# Linear algebra question

## Homework Statement

Quote from my textbook:

"The linear system Ax=b is consistent if and only if the number of nonzero rows of the augmented matrix [U| c], equals the number of nonzero rows in U."

[U,c] is the rref of [A,b]

## The Attempt at a Solution

I understand "only if" but not "if". "Only if" is true since the elementary row operations do not affect the solutions to the system and it is clear that a linear combination of zeros cannot equal a nonzero number. Can someone help me with "if"?

rock.freak667
Homework Helper
number of nonzero rows in U is the rank of U,r(U)
the no. of nonzero rows of [U|c] is the rank of that matrix,r(U|c)
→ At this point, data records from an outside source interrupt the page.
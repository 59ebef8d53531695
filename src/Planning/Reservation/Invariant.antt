-- ===== src/Planning/Reservation/Invariant.antt =====
-- The invariant of `ReservationTable` (planning/src/planner.cpp) and every call's part in it.
use sentinel_public.Prelude.{
  ◌^◌, ◌<◌, ◌≡◌, ◌∙◌, Bool, false, not, ◌&&◌, List, [], ◌∷◌, ◌++◌, any, keep, any-false, All,
  All-mono, All-append, All-keep, keep-All, Pairs, Pairs-keep, Pairs-snoc, leb, ◌==◌, Bool-cases,
  inl, inr, arith,
}
use sentinel_public.Prelude.Text.{text_eq, text_eq_comm}
use sentinel_public.Prelude.Order.{IsSorted, sort, sort-All, sort-Pairs, sort-IsSorted}
use sentinel_public.Planning.Reservation.{
  Reservation, ReservationTable, Request, reserves, releases_before, releases_agent, releases_route,
  releases_map, overlaps, reservation_order, invalid, reserve, release_before, release_agent,
  release_route, release_map, after_reserve, serve, serve_all, empty_table, same_reservation,
}
use sentinel_public.Planning.Reservation.Conflicts.{settled, is_beaten, record_proposal-eq-settled}
use sentinel_public.Planning.Reservation.Priority.{overlaps_comm, reservation_order-StrictOrder}

abbrev pub Apart : Reservation → Reservation → Type 0
Apart a b = overlaps a b ≡ false

-- Two proposals that were let through: not the same version of one agent.
abbrev pub OtherVersion : Reservation → Reservation → Type 0
OtherVersion a b = (text_eq a.agent_id b.agent_id && a.version == b.version) ≡ false

pub record IsTable (t : ReservationTable) : Type 0 where
  -- No two committed reservations overlap.
  pub apart : Pairs Apart t.committed
  pub ordered : IsSorted reservation_order t.committed
  pub valid : All (λ r. invalid r ≡ false) t.committed
  -- No agent has had two proposals of one version recorded.
  pub versions : Pairs OtherVersion t.seen
  pub counted : t.conflicts < 2 ^ 64

Apart-sym : (a b : Reservation) → Apart a b → Apart b a
Apart-sym a b h = overlaps_comm b a ∙ h

OtherVersion-sym : (a b : Reservation) → OtherVersion a b → OtherVersion b a
OtherVersion-sym a b h = ground (arith, text_eq_comm a.agent_id b.agent_id)

module _ (cs : List Reservation) (p : Reservation) where
  joined : List Reservation
  joined = sort reservation_order (keep (λ c. not (overlaps c p)) cs ++ p ∷ [])

  joined-Apart : Pairs Apart cs → Pairs Apart joined
  unfolding joined
  joined-Apart h = sort-Pairs reservation_order Apart Apart-sym _ (
      Pairs-snoc Apart _ p (Pairs-keep Apart _ cs h)
        (keep-All (λ c. overlaps c p ≡ false) (λ c. not (overlaps c p)) cs (λ c k. ground arith)))

  joined-valid :
      invalid p ≡ false → All (λ r. invalid r ≡ false) cs → All (λ r. invalid r ≡ false) joined
  unfolding joined
  joined-valid v h =
      sort-All reservation_order _ _ (All-append _ _ (p ∷ []) (All-keep _ _ cs h) (v, tt))

versions-snoc :
    (seen : List Reservation) (p : Reservation)
    → Pairs OtherVersion seen
    → any (λ c. text_eq c.agent_id p.agent_id && leb p.version c.version) seen ≡ false
    → Pairs OtherVersion (sort reservation_order (seen ++ p ∷ []))
versions-snoc seen p h none_newer = sort-Pairs reservation_order OtherVersion OtherVersion-sym _ (
    Pairs-snoc OtherVersion seen p h
      (All-mono _ (λ c. OtherVersion c p) seen (λ c k. ground arith) (any-false _ seen none_newer)))

settled-IsTable :
    (t : ReservationTable) (p : Reservation)
    → IsTable t
    → invalid p ≡ false
    → any (λ c. text_eq c.agent_id p.agent_id && leb p.version c.version) t.seen ≡ false
    → IsTable (settled t p).0
unfolding settled joined
settled-IsTable t p v ok_p fresh = elim (Bool-cases (is_beaten t p)) [
  | inl lost ↦ rw lost (record {
    apart = v.apart;
    ordered = v.ordered;
    valid = v.valid;
    versions = versions-snoc t.seen p v.versions fresh;
    counted = omega arith;
  })
  | inr won ↦ rw won (record {
    apart = joined-Apart t.committed p v.apart;
    ordered = sort-IsSorted reservation_order reservation_order-StrictOrder _;
    valid = joined-valid t.committed p ok_p v.valid;
    versions = versions-snoc t.seen p v.versions fresh;
    counted = omega arith;
  })
]

pub reserve-IsTable :
    (t : ReservationTable) (p : Reservation) → IsTable t → IsTable (after_reserve t (reserve t p))
unfolding reserve
reserve-IsTable t p v = elim (Bool-cases (invalid p)) [
  | inl bad ↦ rw bad v
  | inr good ↦ rw good (elim (Bool-cases (any (λ c. same_reservation c p) t.seen)) [
    | inl again ↦ rw again v
    | inr new ↦
        rw new
          (elim (Bool-cases
            (any (λ c. text_eq c.agent_id p.agent_id && leb p.version c.version) t.seen)) [
              | inl old ↦ rw old v
              | inr fresh ↦
                  rw (fresh, record_proposal-eq-settled t p v.counted)
                    (settled-IsTable t p v good fresh)
            ])
  ])
]

kept-IsTable :
    (t : ReservationTable) (test : Reservation → Bool)
    → IsTable t
    → IsTable (record t { committed = keep test t.committed })
kept-IsTable t test v = record {
  apart = Pairs-keep Apart test t.committed v.apart;
  ordered = Pairs-keep _ test t.committed v.ordered;
  valid = All-keep _ test t.committed v.valid;
  versions = v.versions;
  counted = v.counted;
}

-- Every call keeps the committed reservations apart, valid and in order, and the recorded versions
-- of each agent distinct.
pub serve-IsTable : (t : ReservationTable) (r : Request) → IsTable t → IsTable (serve t r)
unfolding release_before release_agent release_route release_map serve
serve-IsTable t (reserves p) v = reserve-IsTable t p v
serve-IsTable t (releases_before tick) v = kept-IsTable t _ v
serve-IsTable t (releases_agent agent) v = kept-IsTable t _ v
serve-IsTable t (releases_route agent version) v = kept-IsTable t _ v
serve-IsTable t (releases_map version) v = kept-IsTable t _ v

pub empty_table-IsTable : IsTable empty_table
empty_table-IsTable = record {
  apart = tt;
  ordered = tt;
  valid = tt;
  versions = tt;
  counted = omega arith;
}

serve_all-kept : (rs : List Request) (t : ReservationTable) → IsTable t → IsTable (serve_all t rs)
unfolding serve_all
serve_all-kept [] t v = v
serve_all-kept (r ∷ rs) t v = serve_all-kept rs (serve t r) (serve-IsTable t r v)

-- After any history of calls on an empty table no two committed reservations overlap, the committed
-- reservations are valid and in order, no agent has had two proposals of one version recorded, and
-- the counter of conflicts is below 2 ^ 64.
pub serve_all-IsTable : (rs : List Request) → IsTable (serve_all empty_table rs)
serve_all-IsTable rs = serve_all-kept rs empty_table empty_table-IsTable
For a system of eq'ns to be constisent

$$r(U)=r(U|c) \leq n$$

n= no . of rows

Thanks for responding to my question!

Unfortunately, I am still confused. It seems like that just restated my question using the word "rank".

For a system of eq'ns to be constisent

$$r(U)=r(U|c) \leq n$$

I think the quote I gave came from a proof of this statement actually...

rock.freak667
Homework Helper
well saying "if and only if", like restricting the statement so that the statement will be true when that condition is satisfied.

I figured it out. Thanks for your help.